I’m not asking for help here, by the way. I’m not waiting for a hero to fix it. *I* am that hero. *I* can change it. Despite starting and stopping the weight loss thing quite a bit, the successes I’ve stacked up in my life are impressive, especially since it’s never really been “okay.” From the time I taught myself how to ride a bike when I was nine, I’ve beaten every limitation between me and what I wanted. I went from straight F’s to straight A’s in six weeks, just to earn an album. I wrote a book when I was 14, just because I wanted to prove I could. I wanted to live in Southern California since “Three’s Company,” and here I am. I’m barely holding it together some days, but I’m here.
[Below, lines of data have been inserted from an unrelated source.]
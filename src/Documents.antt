-- ===== src/Documents.antt =====
-- `XmlObjectDocument` of src/xmlbeansxx/XmlObjectDocument.cpp, a document of any type, and the
-- settings of XmlOptions.h; the validation and the typed parsing that XmlOptions also holds are
-- read nowhere in the parts modelled here.
mod Examples
use xmlbeansxx.Prelude.{
  ℕ, List, [], ◌∷◌, Option, none, some, Bool, true, false, if◌then◌else◌, Text, codes, pos,
}
use xmlbeansxx.QName.{qname}
use xmlbeansxx.Dict.{ElemDict}
use xmlbeansxx.Heap.{Heap, class_cast_exception, Return, M, ◌>>=◌, ◌>>◌, return, fail}
use xmlbeansxx.Walker.{get_elems, set_elem}
use xmlbeansxx.Schema.{SchemaType, ws_unspecified, element_content, init}
use xmlbeansxx.Output.{XmlOptions}
use xmlbeansxx.Parser.{Object, Setting, State, P, create_contents, get_schema_type}
use xmlbeansxx.Parser
use xmlbeansxx.Parser.LibXml.{Event}
use xmlbeansxx.Parser.LibXml

-- `swapContents`
unfoldable pub set_xml_object : Object → Object → M Object
set_xml_object o p = return (record { contents = p.contents; origin = o.origin })

-- The one element of the object, as an XmlObject: `xml_object` is XmlObject::type().
abbrev pub inner_element : ℕ → Object → ElemDict ℕ → M (Object × Object)
inner_element xml_object o [] = fail class_cast_exception
inner_element xml_object o (it ∷ []) =
    return (o, record { contents = it.value; origin = xml_object })
inner_element xml_object o (it ∷ it2 ∷ rest) = fail class_cast_exception

-- The document and the element that `_setXmlObjectOrGetInnerElement` gives, by the answer of
-- `_cast_test`.
unfoldable pub set_xml_object_or_get_inner_element :
    ℕ → Bool → Object → Object → M (Object × Object)
set_xml_object_or_get_inner_element xml_object true o p = return (
  record { contents = p.contents; origin = o.origin },
  record { contents = none; origin = xml_object },
)
set_xml_object_or_get_inner_element xml_object false o p = do
  elements ← get_elems p.contents
  inner_element xml_object o elements

-- `if(e)` asks whether the element has contents.
abbrev pub set_inner : (ℕ → SchemaType) → Object → Option ℕ → M Object
set_inner types o none = return o
set_inner types o (some q) = do
  o' ← create_contents o
  st ← get_schema_type o'
  set_elem o'.contents (types st).document_element_name (some q) (pos 0)
  return o'

-- `_setXmlObject`
unfoldable pub cast_xml_object : (ℕ → SchemaType) → ℕ → Bool → Object → Object → M Object
cast_xml_object types xml_object cast_test o p = do
  r ← set_xml_object_or_get_inner_element xml_object cast_test o p
  set_inner types r.0 r.1.contents

-- `initSchemaType`, of the type of the objects that `newInstanceXmlObject` makes.
unfoldable pub init_schema_type : ℕ → SchemaType → SchemaType
init_schema_type own st =
    let st' = init st in
    record st' {
      create_fn = some own;
      whitespace_rule = ws_unspecified;
      content_type = element_content;
      name =
          qname (codes "http://xmlbeansxx.touk.pl/xmlbeansxx/innerType")
            (codes "xmlbeansxx__XmlObjectDocument");
    }

-- `Factory::newInstance` and `Factory::parse`; the parser is a new one.
unfoldable pub new_instance : ℕ → M Object
new_instance own = create_contents (record { contents = none; origin = own })

unfoldable pub parse : Setting → (Text → List Event × ℕ) → ℕ → Text → P Object
parse z sax own input s =
    Parser.and_then (Parser.on_heap (new_instance own) s) (λ o. LibXml.parse_stream z sax input o)

-- `XmlOptions`: the constructor, the setters and the three options by name.
unfoldable pub default_options : XmlOptions
default_options = record {
  print_xml_declaration = true;
  serialize_types = false;
  serialize_inner_types = false;
  serialize_persistent = false;
}

unfoldable pub set_serialize_types : Bool → XmlOptions → XmlOptions
set_serialize_types v o = record o { serialize_types = v }

unfoldable pub set_serialize_inner_types : Bool → XmlOptions → XmlOptions
set_serialize_inner_types v o =
    let o' = if v then set_serialize_types v o else o in record o' { serialize_inner_types = v }

unfoldable pub set_serialize_persistent : Bool → XmlOptions → XmlOptions
set_serialize_persistent v o =
    let o' = if v then set_serialize_inner_types true o else o in
    record o' { serialize_persistent = v }

unfoldable pub serialize_persistent : XmlOptions
serialize_persistent = set_serialize_persistent true default_options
I wanted to be a published writer and I made that happen, too. I took a blank screen and created almost thirty published novels, which people have bought and people have loved despite being overlooked by an industry that didn’t think I had anything to say.

I wanted to write movies and I was just paid a nice little check to do that very thing, impressing those “in the biz” with my skill to bring a shared vision to life.
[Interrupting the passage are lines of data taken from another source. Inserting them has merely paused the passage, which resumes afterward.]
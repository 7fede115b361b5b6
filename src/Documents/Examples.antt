-- ===== src/Documents/Examples.antt =====
-- The settings of XmlOptions, and an object put into a document.
use xmlbeansxx.Prelude.{◌≡◌, refl, [], ◌∷◌, none, some, true, false, codes, text_eq}
use xmlbeansxx.QName.{qname, qname_eq}
use xmlbeansxx.Dict.{dict_el}
use xmlbeansxx.Heap.{Heap, ok, plain_node, update}
use xmlbeansxx.Contents
use xmlbeansxx.Walker
use xmlbeansxx.Output.{with_inner_types}
use xmlbeansxx.Documents.{
  default_options, set_serialize_types, set_serialize_inner_types, set_serialize_persistent,
  serialize_persistent, set_xml_object_or_get_inner_element,
}

-- Persistent documents are written with inner types.
persistent : with_inner_types serialize_persistent ≡ true
unfolding serialize_persistent set_serialize_persistent set_serialize_inner_types
    set_serialize_types default_options
persistent = refl

-- An object of another class gives its one element.
abbrev holder : Heap
holder = record {
  cell =
      update (λ p. none) 0
        record (plain_node 0) { elems = dict_el (qname [] (codes "a")) (some 5) ∷ [] };
  next = 1;
}

inner :
    (set_xml_object_or_get_inner_element 0 false
      (record { contents = none; origin = 3 })
      (record { contents = some 0; origin = 4 })
      holder).0
    ≡ ok (record { contents = none; origin = 3 }, record { contents = some 5; origin = 0 })
unfolding set_xml_object_or_get_inner_element Walker.get_elems Contents.get_elems
    Contents.named_elems update qname_eq text_eq
inner = refl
In fact, as I see it, the only thing holding me back from true success is, well, staying hidden. If people can see what I can do, they’re blown away. I don’t impress people by being “normal.” I impress people by being extraordinary. The fact that I can pull ANY of this off when NOTHING else seems to go right is freaking amazing.
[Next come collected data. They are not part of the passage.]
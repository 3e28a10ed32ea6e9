-- ===== src/Lib.antt =====
-- A verification library for xcbuild, a build tool for Xcode projects.
--
-- The program: Libraries/libutil has paths, filesystems and text helpers; Libraries/plist reads and
-- writes property lists; Libraries/dependency has dependency files; Libraries/pbxsetting has
-- build settings, their expressions and the environments that resolve them; Libraries/pbxbuild
-- turns a project into build steps, orders targets and steps by a directed graph, and writes the
-- header maps of a compiler; Libraries/ninja writes the files of the build tool Ninja.
--
-- The files:
--   Prelude   what the modules share: tests, lists, and `std::string` as a list of bytes (Text).
--   Path      Libraries/libutil/Sources/Relative.cpp and Unix.cpp. A path is its raw bytes;
--             `normalized`, `child`, `parent`, `base` and `extension` are the methods of those
--             names. Path/Components, Path/Normalize and Path/Names have the proofs.
--   Wildcard  Libraries/libutil/Sources/Wildcard.cpp; `match` is `Wildcard::Match`.
--   Escape    Libraries/libutil/Sources/Escape.cpp; Escape/Shell has a reader of shell words.
--   Graph     Libraries/pbxbuild/Sources/DirectedGraph.cpp; `insert`, `adjacent` and `ordered` are
--             its methods. Graph/Loop, Graph/Rounds and Graph/Visits have the loop's invariant.
--   Settings  Libraries/pbxsetting/Sources: Lists is Type.cpp, Value is Value.cpp, Operations and
--             Environment are Environment.cpp, Level is Level.cpp, Setting.cpp and Condition.cpp.
--             Environment/Levels has the order of the levels, Environment/Inherited the values that inherit
--             from the levels behind, Environment/Fuel the recursion without an end.
--   Filesystem Libraries/libutil/Sources/MemoryFilesystem.cpp, and `copyFile` of Filesystem.cpp; `walk`
--             and `locate` are its WalkPath, for operations that change the tree and that look.
--             Filesystem/Names has the names of a path, Lookup, Writes and Frames the lemmas on
--             the tree, Operations, Removal, Ranges and Successes the
--             operations.
--   Dependency Libraries/dependency/Sources/BinaryDependencyInfo.cpp; `serialize` and `deserialize`
--             are its methods, `read_from` is the loop of the second, a byte at a time.
--             Dependency/Makefile is MakefileDependencyInfo.cpp: `write_rules` is its `serialize`,
--             `read_rules` its `Deserialize`, a step of a state machine for each byte.
--   Plist     Libraries/plist: Lexer is ASCIIPListLexer.cpp (Readers walks over one token,
--             `read_token` is ASCIIPListLexerReadToken), Unquote its copies of tokens, Writer the
--             strings of ASCIIWriter.cpp, Object the objects, Serializer all of ASCIIWriter.cpp
--             (`handle_object` is its handleObject, `serialize` its write), Parser is
--             ASCIIParser.cpp: `step` is a round of the loop of its `parse`. Lexer/Lengths,
--             Lexer/Bounds, Lexer/Safety, the children of Writer and of Parser have the proofs:
--             Spots is where a value stands, Scalars, Arrays and Dictionaries are its texts,
--             Standing what a parser may be. Json is JSONParser.cpp and Json/Writer JSONWriter.cpp.
--   HeaderMap Libraries/pbxbuild/Sources/HeaderMap.cpp: `add`, `set`, `rehash` and `grow` are its
--             methods, `prepare` what `write` does to the table. HeaderMap/Table has the buckets,
--             Probes the search for a key, Slots the loop of `set`, Entries, Placing, Rehash and
--             Grow the new table, Texts the strings, Keys the keys, Adds and Searches all of `add`.
--   Ninja     Libraries/ninja: `resolve` is that of Value.cpp, the statements are those of Writer.cpp on
--             a buffer. Ninja/Escapes has the escapes in one pass, Reader, Lines and Builds the
--             reading of a build line by the rules of Ninja.
--   DerivedData Libraries/pbxbuild/Sources/DerivedDataHash.cpp: `compute_hash` is its
--             ComputeDerivedDataHash, with MD5 as an argument.
--   Executor  Libraries/xcexecution/Sources/SimpleExecutor.cpp: `sort_invocations` is its
--             SortInvocations, `perform_invocations` and `build_target` are its methods. Executor/Auxiliary
--             is its writeAuxiliaryFiles. Edges has the edges of the graph, Priorities
--             the chain of the priorities, Needs why an invocation waits for another, Schedule the
--             order, Written what the auxiliary files do to the machine, Steps what one
--             invocation does, Runs what is run.
--   Tests     the theorems at concrete inputs, and runs of the definitions.
--
-- How they interact: an environment resolves the references of a value by its levels; a level
-- matches conditions by wildcards; operations on a resolved setting call the path functions. The
-- executor sorts the invocations by the graph. The memory file system walks the names of a
-- normalized path; the writer of make rules escapes names; the parsers of property lists read the
-- tokens of one lexer.
--
-- Bounds and fuel: `ordered` runs with the number of keys and twice the number of keys and entries
-- of the adjacency list as fuel, `Value::Parse` with the length of its text, `ASCIIParser::parse`
-- with twice the number of bytes and two, `JSONParser::parse` with their number and one; all are
-- proved to be enough. The search for a free bucket has the number of buckets and one as fuel,
-- behind which it repeats itself. The recursion of `resolveValue` has no bound in the program: its fuel is an argument.
--
-- Texts are bytes below 256 by intent, which only the data of property lists
-- needs. Unordered containers are lists, in the
-- order of their iteration, which the program leaves open. An output vector of path components is
-- kept with its last element first while the loop runs.
--
-- Not modelled: input and output, processes, the property lists in XML and binary form, the
-- readers of project files, asset catalogs and the other tools, as the parts above do not depend on them.
mod Prelude
pub mod Path
pub mod Filesystem
pub mod Wildcard
pub mod Escape
pub mod Settings
pub mod Dependency
pub mod HeaderMap
pub mod Ninja
pub mod DerivedData
pub mod Plist
pub mod Graph
pub mod Executor
mod Tests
This next year is a work in progress, not just in my career, not just in my personal relationships, but in my overall health and well-being. I’ve decided to show this journey, mistakes, missteps and mishaps and all. I’m going to be vulnerable, because there’s nothing wrong with being imperfect. It’s perfectly human. In fact, we’re way more imperfect than we could ever be normal.

Normal is the illusion that everything is okay. And it’s not okay.

But that’s okay.

This is Day One. I’m only aiming up from here.





Let It Go

Anyone who knows me knows that I love animated movies and am a complete Disney/Pixar fangirl. I’ll watch these movies with no child present, except for the one that still lives inside of me. When these stories are done well, they will have a message for every person that watches, not just the wee ones that may have been the intended audience.

In fact, some (like Up and Shrek 4) have storylines better suited to the midlife adults forced to watch scores of animated movies thanks to their growing families.

That being said, I wasn’t in any real hurry to watch Frozen. I heard it was great, but there was nothing in the trailer that made me want to rush to the theater to see it (Olaf notwithstanding.)

I’d catch it when it came to Netflix, that was fine by me.

Then I read that some grandmother in Utah, as well as conservative commentators and religious wingnuts, took issue with the movie and its award-winning song “Let It Go” as some kind of gay propaganda that was a “satanic push to turn kids gay.”

And just like that, “Frozen” shot to the top of my “Must See” list.

You may not know this, but I’ve been trying to turn gay for decades. I’ve done all the right things: I’ve become friends with gay people, I’ve gone to gay clubs and gay-friendly churches, I’ve marched in Pride Parades around a TON of gay people, still… no luck. I grew up on the Golden Girls, I’ve listened to Lady Gaga, loved Ellen DeGeneres and recently binge-watched all five seasons of “Queer as Folk” back to back in a sleep-deprived stupor.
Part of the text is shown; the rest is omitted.